Lessons learned from the Spanish flu — which is estimated to have killed 50 million people worldwide in 1918 to 1919 — include how we recognize disease as a community issue, not an individual one, Newmarket historian Richard MacLeod says

Learning from the lessons of the past is essential to our species’ survival and the case of the Spanish Influenza 1918 to 1919 is certainly such an event. 

The Spanish Influenza pandemic developed at the end of the First World War, first appearing in Asia. According to records, the first known patient appeared at a United States military base in Kansas in the spring of 1918. 

The infection travelled back and forth between Europe and North America on the ships carrying our troops fighting in war. The theory remains that these troops then introduced the disease into Asia and Africa. 

The Spanish flu was caused by a viral infection that in time became deadly, eventually killing an estimated 50 million people worldwide. In Canada, more than 55,000 people died, mostly young adults between the ages of 20 and 40. These deaths compounded the impact of the more than 60,000 Canadians killed in service during the First World War (1914-18).
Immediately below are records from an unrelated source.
-- ===== src/State/Safety/Completion.antt =====
-- The way of a restore from the journal to the end.
use agentops_open_course.Prelude.{◌≡◌, refl, List, [], some, All, true}
use agentops_open_course.State.Maps.{lookup}
use agentops_open_course.State.Disk.{Files, Digest, prepared, committed, document, Event, ◌>>◌}
use agentops_open_course.State.Rollback.{set_restore_phase, cleanup_restore_transaction}
use agentops_open_course.State.Restore.{publish_generation, is_database_name}
use agentops_open_course.State.Logic.{View, machine, Ends, then-Ends, step-Ends}
use agentops_open_course.State.Safety.Records.{assert_exact_live_inventory_lem}
use agentops_open_course.State.Safety.Invariant.{
  Transaction, new_generation, IsClean, IsCommitted, is_clean, is_committed, entries_of, journal_at,
}
use agentops_open_course.State.Safety.Cleanup.{cleanup-Ends}
use agentops_open_course.State.Safety.Checks.{quarantine_part}
use agentops_open_course.State.Safety.Phases.{set_restore_phase-Ends, in_phase}
use agentops_open_course.State.Safety.Recover.{IsPrepared-with}
use agentops_open_course.State.Safety.Unwind.{Publishing, owing, committing, settled}
use agentops_open_course.State.Safety.Install.{
  QuarantinesFrom, InstallsFrom, quarantine_current_generation-Ends, publish_staged_databases-Ends,
  quarantined-InstallsFrom, installed_files,
}

module _ ⦃digest : Digest⦄ (x : Transaction) where
  -- All is installed; what is left is the commit and the clean-up.
  commit-Ends :
      (v : View) (s : List Event)
      → InstallsFrom x [] v
      → Ends x.id
          (λ _. IsClean x.new_files)
          (Publishing x)
          s
          ((do
            set_restore_phase (journal_at x prepared) committed
            cleanup_restore_transaction (journal_at x prepared))
            (machine x.id v)
            s)
  unfolding lookup
  commit-Ends v s p =
      let i = p.owing.is_prepared in
      let w = in_phase v (journal_at x prepared) committed in
      let over : IsCommitted x w = record {
        journal = refl;
        live = installed_files x v p;
        staged = i.halfway.staged;
        quarantined =
            quarantine_part x v.live (entries_of v.staging) (entries_of v.quarantine) i.halfway;
        staging_sorted = i.halfway.staging_sorted;
        quarantine_sorted = i.halfway.quarantine_sorted;
      } in
      step-Ends _
        (set_restore_phase-Ends (journal_at x prepared) committed v
          (λ f. owing (IsPrepared-with x v f v.held i) p.owing.held)
          (λ f. committing (IsPrepared-with x v f (some (journal_at x committed)) i) refl)
          (settled (is_committed over) refl) s)
        λ s'.
          cleanup-Ends (journal_at x prepared) w (document (journal_at x committed)) x.new_files
            x.new_files x.old_files s' refl over.live (over.staging_sorted, over.staged)
            (over.quarantine_sorted, over.quarantined)
            (λ st q f (a, b) (c, d).
              settled
                (is_committed (record {
                  journal = refl;
                  live = over.live;
                  staged = b;
                  quarantined = d;
                  staging_sorted = a;
                  quarantine_sorted = c;
                }))
                refl)
            (λ c. settled (is_clean {g = new_generation} c) refl)

  -- The journal has its name.
  pub install-Ends :
      (current : Files) (v : View) (s : List Event)
      → All (λ f. is_database_name f.0 ≡ true) x.new_files
      → QuarantinesFrom x current v
      → Ends x.id
          (λ _. IsClean x.new_files)
          (Publishing x)
          s
          (publish_generation x.id (journal_at x prepared) current (machine x.id v) s)
  unfolding publish_generation
  install-Ends current v s a p =
      then-Ends _ (quarantine_current_generation-Ends x current v s p) λ _ w s1 q.
        then-Ends _ (publish_staged_databases-Ends x w s1 a (quarantined-InstallsFrom x w q))
          λ _ y s2 r.
            rw
              (assert_exact_live_inventory_lem x.new_records (machine x.id y)
                (installed_files x y r))
              (commit-Ends y s2 r)
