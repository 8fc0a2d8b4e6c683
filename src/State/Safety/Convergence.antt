-- ===== src/State/Safety/Convergence.antt =====
-- Recovery that is interrupted, however often, and then left to itself.
use agentops_open_course.Prelude.{Text, ◌≡◌, refl, List, [], ◌∷◌}
use agentops_open_course.State.Disk.{
  Files, Digest, Machine, Event, Outcome, returned, raised, crashed,
}
use agentops_open_course.State.Recovery.{recover_restore_locked}
use agentops_open_course.State.Logic.{View, machine, Ends, ends_returned, ends_raised, ends_crashed}
use agentops_open_course.State.Safety.Invariant.{Transaction, Generation, IsClean, Recoverable}

-- What a run leaves on the disk.
abbrev pub machine_after : {A : Type 0} → Outcome A → Machine
machine_after (returned a m s) = m
machine_after (raised e m s) = m
machine_after (crashed m) = m

module _ ⦃digest : Digest⦄ where
  -- One recovery after the other, each with its faults.
  unfoldable pub recoveries : List (List Event) → Machine → Machine
  unfolding recover_restore_locked
  recoveries [] m = m
  recoveries (s ∷ runs) m = recoveries runs (machine_after (recover_restore_locked m s))

-- What returns with these files, no residue and no event left.
abbrev pub Restores : Text → Files → Outcome (Unit {0}) → Type 0
Restores t files o = (v : View) × (o ≡ returned tt (machine t v) []) × IsClean files v

pub undisturbed :
    (t : Text) (files : Files) (Bad : View → Type 0) (s : List Event) (o : Outcome (Unit {0}))
    → s ≡ []
    → Ends t (λ _. IsClean files) Bad s o
    → Restores t files o
undisturbed t files Bad s o e (ends_returned a v s' q c) = (v, rw (q e) refl, c)
undisturbed t files Bad s o e (ends_raised f v s' q b) = absurd (q e)
undisturbed t files Bad s o e (ends_crashed v q b) = absurd (q e)

module _ ⦃digest : Digest⦄ (x : Transaction) (g : Generation) where
  abbrev Leaves : Machine → Type 0
  Leaves m = (v : View) × (m ≡ machine x.id v) × Recoverable x g v
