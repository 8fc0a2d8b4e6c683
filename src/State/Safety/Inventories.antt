-- ===== src/State/Safety/Inventories.antt =====
-- The inventory that is taken of a generation records it.
use agentops_open_course.Prelude.{
  ◌≡◌, refl, sym, ap, ◌∙◌, arith, inl, inr, [], ◌∷◌, none, some, Text, All, length, text_eq,
  text_eq_iff, text_eq_self, Bool-cases,
}
use agentops_open_course.State.Maps.{lookup, Sorted, lookup-tail}
use agentops_open_course.State.Disk.{Files, find, Digest, evidence_of, inventory_of}
use agentops_open_course.State.Safety.Records.{
  Records, Evident, Entries, Entries_lem, Distinct, evidence_in,
}

module _ ⦃digest : Digest⦄ where
  find-inventory_of :
      (fs : Files) (k : Text) → find k (inventory_of fs) ≡ evidence_in k (lookup k fs)
  unfolding find inventory_of lookup
  find-inventory_of [] k = refl
  find-inventory_of ((j, c) ∷ fs) k = elim (Bool-cases (text_eq k j)) [
    | inl e ↦ rw e (ap (λ i. some (evidence_of i c)) (sym ((text_eq_iff k j).0 e)))
    | inr n ↦ rw n (find-inventory_of fs k)
  ]

  length-inventory_of : (fs : Files) → length fs ≡ length (inventory_of fs)
  unfolding inventory_of
  length-inventory_of [] = refl
  length-inventory_of ((j, c) ∷ fs) = ground (arith, length-inventory_of fs)

  Evident-in :
      (gs fs : Files)
      → Entries (λ k c. lookup k gs ≡ some c) fs
      → All (Evident gs) (inventory_of fs)
  unfolding inventory_of
  Evident-in gs [] h = tt
  Evident-in gs ((k, c) ∷ fs) (h, hs) = ((c, h, refl), Evident-in gs fs hs)

  Distinct-inventory_of : (fs : Files) → Sorted fs → Distinct (inventory_of fs)
  unfolding inventory_of
  Distinct-inventory_of [] s = tt
  Distinct-inventory_of ((k, c) ∷ fs) (a, s) =
      let gone : lookup k fs ≡ none = ground (arith, lookup-tail k k c fs (a, s), text_eq_self k) in
      (find-inventory_of fs k ∙ ap (evidence_in k) gone, Distinct-inventory_of fs s)

  pub inventory_of-Records : (fs : Files) → Sorted fs → Records (inventory_of fs) fs
  inventory_of-Records fs s = record {
    found = λ k. find-inventory_of fs k;
    counted = length-inventory_of fs;
    each = Evident-in fs fs (Entries_lem (λ k c. lookup k fs ≡ some c) fs s (λ k c h. h));
    distinct = Distinct-inventory_of fs s;
  }
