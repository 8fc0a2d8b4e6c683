-- ===== src/State/Safety/Quiet.antt =====
-- The writing of a journal reports its errors as values.
use agentops_open_course.Prelude.{true, false, List, Option, none, some}
use agentops_open_course.State.Disk.{
  Machine, Event, Outcome, returned, raised, crashed, M, after, attempt, Problem, RestoreJournal,
  fsync_dir, return, ◌>>=◌, ◌>>◌,
}
use agentops_open_course.State.Journal.{
  write_restore_journal, write_created, create_temporary, write_and_sync, publish_temporary,
  remove_temporary,
}
use agentops_open_course.State.Safety.Unwind.{Quiet}

after-Quiet :
    {A B : Type 0} (o : Outcome A) (f : A → M B)
    → Quiet o
    → ((a : A) (m : Machine) (s : List Event) → Quiet (f a m s))
    → Quiet (after o f)
after-Quiet (returned a m s) f q k = k a m s
after-Quiet (raised e m s) f q k = absurd q
after-Quiet (crashed m) f q k = tt

attempt-Quiet : (p : M (Unit {0})) (m : Machine) (s : List Event) → Quiet (attempt p m s)
unfolding attempt
attempt-Quiet p m s = go (p m s)
  where
    go : (o : Outcome (Unit {0})) → Quiet (attempt (λ m' s'. o) m s)
    go (returned a m' s') = tt
    go (raised e m' s') = tt
    go (crashed m') = tt

branch-Quiet :
    {A : Type 0} (o : Option Problem) (f : Problem → M A) (g : M A) (m : Machine) (s : List Event)
    → ((e : Problem) → Quiet (f e m s))
    → Quiet (g m s)
    → Quiet ((elim o as (λ k. M A) [ some e ↦ f e | none ↦ g ]) m s)
branch-Quiet none f g m s h k = k
branch-Quiet (some e) f g m s h k = h e

-- The result is made of what the attempt comes to.
result-Quiet :
    {A : Type 0} (p : M (Unit {0})) (f : Option Problem → A) (m : Machine) (s : List Event)
    → Quiet ((attempt p >>= λ r. return (f r)) m s)
result-Quiet p f m s =
    after-Quiet (attempt p m s) (λ r. return (f r)) (attempt-Quiet p m s) (λ a k i. tt)

module _ (j : RestoreJournal) where
  write_created-Quiet : (m : Machine) (s : List Event) → Quiet (write_created j m s)
  unfolding write_created
  write_created-Quiet m s =
      after-Quiet _ _
        (attempt-Quiet (do write_and_sync j; fsync_dir; publish_temporary j.transaction) m s)
        λ staged m' s'.
          branch-Quiet staged _ _ m' s'
            (λ e.
              result-Quiet (remove_temporary j.transaction)
                (λ _. record { published = false; err = some e }) m' s')
            (result-Quiet fsync_dir (λ r. record { published = true; err = r }) m' s')

  pub write_restore_journal-Quiet :
      (m : Machine) (s : List Event) → Quiet (write_restore_journal j m s)
  unfolding write_restore_journal
  write_restore_journal-Quiet m s =
      after-Quiet _ _ (attempt-Quiet (create_temporary j.transaction) m s)
        λ created m' s'. branch-Quiet created _ _ m' s' (λ e. tt) (write_created-Quiet m' s')
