-- ===== src/State/Safety/Staging.antt =====
-- A restore copies the databases of the snapshot to its staging directory.
use agentops_open_course.Prelude.{
  ◌≡◌, refl, sym, ap, ◌∙◌, subst, arith, ◌⊎◌, inl, inr, List, [], ◌∷◌, none, some, Text, All,
  text_eq, text_eq_iff, text_eq_self, Bool-cases,
}
use agentops_open_course.State.Maps.{lookup, put, Sorted, put-Sorted, Sorted-eq}
use agentops_open_course.State.Disk.{
  Files, FileEvidence, Inventory, find, Digest, Event, in_staging, read_place, file_in, evidence_of,
}
use agentops_open_course.State.Restore.{copy_file_contents, stage_generation}
use agentops_open_course.State.Logic.{
  View, machine, Ends, ends_returned, then-Ends, step-Ends, fsync-Ends,
}
use agentops_open_course.State.Logic.Places.{read_place_lem, write-Ends}
use agentops_open_course.State.Safety.Records.{Evident, Distinct}
use agentops_open_course.State.Safety.Invariant.{Transaction}
use agentops_open_course.State.Safety.Moves.{put_same, put_other, same_name}
use agentops_open_course.State.Safety.Quarantine.{Pending, Evident-match}
use agentops_open_course.State.Safety.Unwind.{IsStaging}

module _ ⦃digest : Digest⦄ (x : Transaction) where
  abbrev pub staging_view : Files → View
  staging_view fs = record {
    live = x.old_files;
    staging = some fs;
    quarantine = some [];
    temporary = none;
    journal = none;
    held = none;
  }

  pub staging_view-IsStaging : (fs : Files) → IsStaging x (staging_view fs)
  staging_view-IsStaging fs = record {
    untouched = record { live = refl; journal = refl };
    held = refl;
  }

  -- The files that `inv` records are still to be copied; the others are copied.
  pub record CopiedTo (inv : Inventory) (fs : Files) : Type 0 where
    pub sorted : Sorted fs
    pub each :
        (k : Text)
        → ((find k inv ≡ none) × (lookup k fs ≡ lookup k x.new_files))
          ⊎ ((lookup k fs ≡ none) × Pending inv k)

  copied-CopiedTo :
      (e : FileEvidence) (c : Text) (inv : Inventory) (fs : Files)
      → find e.filename inv ≡ none
      → lookup e.filename x.new_files ≡ some c
      → CopiedTo (e ∷ inv) fs
      → CopiedTo inv (put e.filename c fs)
  unfolding find
  copied-CopiedTo e c inv fs fresh n p = record {
    sorted = put-Sorted e.filename c fs p.sorted;
    each = λ k. elim (Bool-cases (text_eq k e.filename)) [
      | inl s ↦ inl (
        subst (λ i. find i inv ≡ none) (sym ((text_eq_iff k e.filename).0 s)) fresh,
        put_same k e.filename c fs s ∙ sym (same_name k e.filename x.new_files s ∙ n),
      )
      | inr s ↦ rw (put_other k e.filename c fs s) (elim (p.each k) [
        | inl (f, i) ↦ inl (sym (rw s) ∙ f, i)
        | inr (a, (f, i)) ↦ inr (a, (f, sym (rw s) ∙ i))
      ])
    ];
  }

  pending_missing :
      (e : FileEvidence) (inv : Inventory) (fs : Files)
      → CopiedTo (e ∷ inv) fs
      → lookup e.filename fs ≡ none
  unfolding find
  pending_missing e inv fs p = elim (p.each e.filename) [
    | inl (f, i) ↦ absurd (ground (arith, f, text_eq_self e.filename))
    | inr (a, i) ↦ a
  ]

  copy_file_contents-Ends :
      (name c : Text) (fs : Files) (s : List Event)
      → lookup name x.new_files ≡ some c
      → lookup name fs ≡ none
      → Ends x.id
          (λ _ w. w ≡ staging_view (put name c fs))
          (IsStaging x)
          s
          (copy_file_contents x.new_files x.id name (machine x.id (staging_view fs)) s)
  unfolding copy_file_contents
  copy_file_contents-Ends name c fs s n m =
      rw (n, copy_file_contents, read_place_lem x.id (in_staging x.id) (staging_view fs) refl, m)
        (step-Ends _
          (write-Ends {Post = λ _ w. w ≡ staging_view (put name [] fs)} (in_staging x.id)
            (put name [] fs) (staging_view fs) s refl (staging_view-IsStaging fs) refl)
          λ s1.
            step-Ends _
              (write-Ends {Post = λ _ w. w ≡ staging_view (put name c fs)} (in_staging x.id)
                (put name c fs) (staging_view (put name [] fs)) s1 refl
                (staging_view-IsStaging (put name [] fs)) refl)
              λ s2.
                fsync-Ends (staging_view (put name c fs)) s2
                  (staging_view-IsStaging (put name c fs)) refl)

  -- The evidence that comes of it is that of the manifest.
  pub stage_generation-Ends :
      (inv : Inventory) (fs : Files) (s : List Event)
      → All (Evident x.new_files) inv
      → Distinct inv
      → CopiedTo inv fs
      → Ends x.id
          (λ published w. (published ≡ inv) × (w ≡ staging_view x.new_files))
          (IsStaging x)
          s
          (stage_generation x.new_files x.id inv (machine x.id (staging_view fs)) s)
  unfolding stage_generation find
  stage_generation-Ends [] fs s a d p =
      let whole : fs ≡ x.new_files =
        Sorted-eq fs x.new_files p.sorted x.new_sorted
          λ k. elim (p.each k) [ inl (f, i) ↦ i | inr (m, (e, i)) ↦ absurd (cc) ] in
      step-Ends _
        (fsync-Ends {Post = λ _ w. w ≡ staging_view fs} (staging_view fs) s
          (staging_view-IsStaging fs) refl)
        λ s'. ends_returned [] (staging_view fs) s' (λ i. i) (refl, ap staging_view whole)
  stage_generation-Ends (e ∷ inv) fs s ((c, n, m), a) (fresh, d) p =
      let next = put e.filename c fs in
      let stored : file_in (read_place (in_staging x.id) (machine x.id (staging_view next)))
            e.filename
          ≡ some c =
        rw (read_place_lem x.id (in_staging x.id) (staging_view next) refl)
          (put_same e.filename e.filename c fs (text_eq_self e.filename)) in
      step-Ends _ (copy_file_contents-Ends e.filename c fs s n (pending_missing e inv fs p)) λ s1.
        rw (stored, Evident-match x x.new_files e c (c, n, m) n)
          (then-Ends _
            (stage_generation-Ends inv next s1 a d (copied-CopiedTo e c inv fs fresh n p))
            λ published w s2 (q, r).
              ends_returned (evidence_of e.filename c ∷ published) w s2 (λ i. i)
                (ap (λ i. evidence_of e.filename c ∷ i) q ∙ ap (λ i. i ∷ inv) (sym m), r))
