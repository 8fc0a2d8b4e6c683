-- ===== src/State/Safety/Publish.antt =====
-- A restore from a clean directory.
use agentops_open_course.Prelude.{
  ◌≡◌, refl, sym, ap, ◌∙◌, ◌⊎◌, inl, inr, List, [], Option, none, some, Text, All, true,
}
use agentops_open_course.State.Maps.{lookup}
use agentops_open_course.State.Disk.{
  find, evidence_of, Digest, prepared, Event, in_staging, in_quarantine, inventory_of,
}
use agentops_open_course.State.Journal.{Written}
use agentops_open_course.State.Restore.{
  publish_recorded, is_database_name, publish_prepared, publish_body, publish_restore, unwinding,
}
use agentops_open_course.State.Logic.{
  View, machine, Ends, ends_raised, step-Ends, fsync-Ends, later-Ends, at-Ends,
}
use agentops_open_course.State.Logic.Places.{make_directory-Ends}
use agentops_open_course.State.Logic.Temporaries.{with_journal, with_temporary}
use agentops_open_course.State.Logic.Journals.{
  Wrote, wrote, unflushed, unwritten, write_restore_journal-Ends,
}
use agentops_open_course.State.Safety.Quarantine.{Pending}
use agentops_open_course.State.Safety.Records.{evidence_in}
use agentops_open_course.State.Safety.Invariant.{Transaction, IsClean, is_prepared, journal_at}
use agentops_open_course.State.Safety.Unwind.{
  IsStaging, IsStaging-Unwinds, IsStaging-Interrupted, Publishing-Unwinds, Publishing-Interrupted,
  Interrupted, still_old, recoverable, unwinding-Ends, end-Ends, Quiet-unwinding-Ends,
}
use agentops_open_course.State.Safety.Quiet.{write_restore_journal-Quiet}
use agentops_open_course.State.Safety.Staging.{
  staging_view, staging_view-IsStaging, stage_generation-Ends, CopiedTo,
}
use agentops_open_course.State.Safety.Install.{IsOwing, IsOwing-Publishing, QuarantinesFrom}
use agentops_open_course.State.Safety.Adopt.{initial-IsPrepared, View-eq}
use agentops_open_course.State.Safety.Completion.{install-Ends}

module _ ⦃digest : Digest⦄ (x : Transaction) where
  abbrev staged : View
  staged = staging_view x x.new_files

  -- The restore holds the journal.
  abbrev pub owed : View
  owed = record (with_journal staged (journal_at x prepared)) {
    held = some (journal_at x prepared);
  }

  owed-IsOwing : IsOwing x owed
  owed-IsOwing = record {
    is_prepared = initial-IsPrepared x (some (journal_at x prepared)) none;
    held = refl;
  }

  pub owed-QuarantinesFrom : QuarantinesFrom x x.old_files owed
  owed-QuarantinesFrom = record {
    owing = owed-IsOwing;
    live = refl;
    remains = (x.old_sorted, λ k. inr refl);
    staging = refl;
  }

  recorded-Ends :
      (s s' : List Event) (w : Written) (y : View)
      → All (λ f. is_database_name f.0 ≡ true) x.new_files
      → (s ≡ [] → s' ≡ [])
      → Wrote staged (journal_at x prepared) s w y
      → Ends x.id
          (λ _. IsClean x.new_files)
          (Interrupted x)
          s
          (unwinding x.id
            (publish_recorded x.id (journal_at x prepared) x.old_files w (machine x.id y) s'))
  unfolding publish_recorded
  recorded-Ends s s' w y a q wrote =
      end-Ends (Publishing-Interrupted x) (Publishing-Unwinds x)
        (later-Ends q (install-Ends x x.old_files owed s' a owed-QuarantinesFrom))
  recorded-Ends s s' w y a q (unflushed e n) =
      end-Ends (Publishing-Interrupted x) (Publishing-Unwinds x)
        (ends_raised e owed s' n (IsOwing-Publishing x owed owed-IsOwing))
  recorded-Ends s s' w y a q (unwritten e f n l) =
      end-Ends (IsStaging-Interrupted x) (IsStaging-Unwinds x) (
        ends_raised e (with_temporary staged f) s' n
          (record { untouched = record { live = refl; journal = refl }; held = refl }))

  prepared-Ends :
      (s : List Event)
      → All (λ f. is_database_name f.0 ≡ true) x.new_files
      → Ends x.id
          (λ _. IsClean x.new_files)
          (Interrupted x)
          s
          (unwinding x.id
            (publish_prepared x.id (journal_at x prepared) x.old_files (machine x.id staged) s))
  unfolding publish_prepared
  prepared-Ends s a =
      let j = journal_at x prepared in
      Quiet-unwinding-Ends _ (write_restore_journal-Quiet j (machine x.id staged) s)
        (write_restore_journal-Ends staged j s
          (λ f l. still_old (record { live = refl; journal = refl }))
          (recoverable (is_prepared (initial-IsPrepared x none none))))
        λ w y s' q p. recorded-Ends s s' w y a q p

  uncopied : CopiedTo x x.new_inventory []
  unfolding lookup
  uncopied = record { sorted = tt; each = λ k. go k (lookup k x.new_files) refl }
    where
      go :
          (k : Text) (o : Option Text)
          → lookup k x.new_files ≡ o
          → ((find k x.new_inventory ≡ none) × (none ≡ lookup k x.new_files))
            ⊎ ((lookup {V = Text} k [] ≡ none) × Pending x.new_inventory k)
      go k none e = inl (x.new_records.found k ∙ ap (evidence_in k) e, sym e)
      go k (some c) e = inr (refl, (evidence_of k c, x.new_records.found k ∙ ap (evidence_in k) e))

  body-Ends :
      (s : List Event)
      → All (λ f. is_database_name f.0 ≡ true) x.new_files
      → x.old_inventory ≡ inventory_of x.old_files
      → Ends x.id
          (λ _. IsClean x.new_files)
          (Interrupted x)
          s
          (unwinding x.id (
            publish_body x.new_files x.id x.new_inventory
              (machine x.id (record (staging_view x []) { quarantine = none }))
              s))
  unfolding publish_body lookup
  body-Ends s a o =
      let v = record (staging_view x []) { quarantine = none } in
      let i : IsStaging x v = record {
        untouched = record { live = refl; journal = refl };
        held = refl;
      } in
      let g = IsStaging-Interrupted x in
      let u = IsStaging-Unwinds x in
      unwinding-Ends _ g u
        (make_directory-Ends {Post = λ _ w. w ≡ staging_view x []} (in_quarantine x.id) v s refl
          refl i refl)
        λ _ v1 s1 q1 e1. later-Ends q1 (
          rw e1 (
            unwinding-Ends _ g u
              (fsync-Ends {Post = λ _ w. w ≡ staging_view x []} (staging_view x []) s1
                (staging_view-IsStaging x []) refl)
              λ _ v2 s2 q2 e2. later-Ends q2 (
                rw e2 (
                  unwinding-Ends _ g u
                    (stage_generation-Ends x x.new_inventory [] s2 x.new_records.each
                      x.new_records.distinct uncopied)
                    λ published v3 s3 q3 (p, e3).
                      later-Ends q3 (rw (p, e3, sym o) (prepared-Ends s3 a))))))

  -- A restore of a snapshot of databases, on a directory with the files of the old generation and no
  -- residue, that no fault stops ends with the files of the snapshot, and no residue; when a fault
  -- stops it, before or in the clean-up that it tries, the old generation is live and no journal has
  -- its name, or recovery takes the directory to one of the two generations.
  pub publish_restore-Ends :
      (v : View) (s : List Event)
      → IsClean x.old_files v
      → x.old_inventory ≡ inventory_of x.old_files
      → All (λ f. is_database_name f.0 ≡ true) x.new_files
      → Ends x.id
          (λ _. IsClean x.new_files)
          (Interrupted x)
          s
          (publish_restore x.new_files x.id x.new_inventory (machine x.id v) s)
  unfolding publish_restore
  publish_restore-Ends v s c o a =
      let start : View = record (staging_view x []) {
        staging = none;
        quarantine = none;
        held = v.held;
      } in
      let e : v ≡ start =
        View-eq v start c.live c.staging c.quarantine c.temporary c.journal refl in
      at-Ends (publish_restore x.new_files x.id x.new_inventory) e (
        step-Ends _
          (make_directory-Ends {Post = λ _ w. w ≡ (record start { staging = some [] })}
            (in_staging x.id) start s refl refl (still_old (record { live = refl; journal = refl }))
            refl)
          λ s'. body-Ends s' a o)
Undoubtedly timing was critical to the spread of the virus, so many people were travelling from one part of the world to another. History has dubbed the Spanish flu as being the most devastating pandemic in recorded world history. Yes, I know you were told at school that it was the Black Death.

So how did it come to be called the Spanish flu? The name derived from media censorship by the military in the Allied countries, which prevented the reporting of the viral infection and death of soldiers. Because Spain was neutral during the First World War, the Spanish media widely reported the high death toll of the illness. Thus, the name of the virus became synonymous with Spain. 

One of the features of the Spanish flu was the rapid infection in people in the prime of life. Previous deaths from influenza had tended to occur among the very young and elderly. Death either occurred by pneumonia in both primary viral infections and secondary bacterial infections, killing healthy and fit adults within 48 hours.

Because antibiotics were not yet available, the secondary bacterial pneumonia could not be treated. We must remember, there were no vaccines available until 1933 when human influenza viruses were finally isolated. 

Inadequate quarantine measures, powerlessness against the illness, and the lack of coordinated efforts from health authorities led to an insurmountable chaos. Countless nurses, volunteers, and members of charitable organizations risked their lives to ensure that the ill and their families survived. 

The Spanish flu was a significant event in the evolution of public health in Canada. It resulted in the creation of the federal Department of Health in 1919, which established a partnership between the various levels of government and made public health a joint responsibility in which the state played a prominent role, finally a national strategy. 

With no vaccine or effective treatment available, this devastating pandemic tended to come in multiple waves. The first wave took place in the spring of 1918, then in the fall of 1918, a mutation of the influenza virus produced an extremely contagious, virulent, and deadly form of the disease. This second wave caused 90 per cent of the deaths of the pandemic. Subsequent waves took place in the spring of 1919 and the spring of 1920. The deaths, estimated at between 50 and 100 million, claimed the lives of somewhere between 2.5 and 5 per cent  of the global population. Most of the victims were in the prime of their lives.

In Canada, the disease arrived at the port cities of Québec City, Montréal, and Halifax, then spread westward across the country. The intensification of the war effort in the final year was instrumental in the transmission of the disease, as troops travelling from east to west by train, mobilized to participate in the war in Siberia, brought the virus westward with them. 

Maritime quarantines, which had stopped infectious diseases from entering Canada in the 19th century, did not prevent the spread of the virus as the infected were travelling within the country, where no quarantine measures had been developed. 

Municipal and provincial authorities tried to save lives by prohibiting public gatherings and by isolating the sick, but these provisions had little effect. As the rates of infection grew, the number of healthy workers declined. 

Before long, the Canadian economy was paralyzed. Health care professionals were perhaps the hardest hit. Ultimately, it was volunteers, nurses, paramedics, and members of religious communities who, risking their own lives, visited those who were ill and their families to deliver modest health care and the supplies needed to survive. 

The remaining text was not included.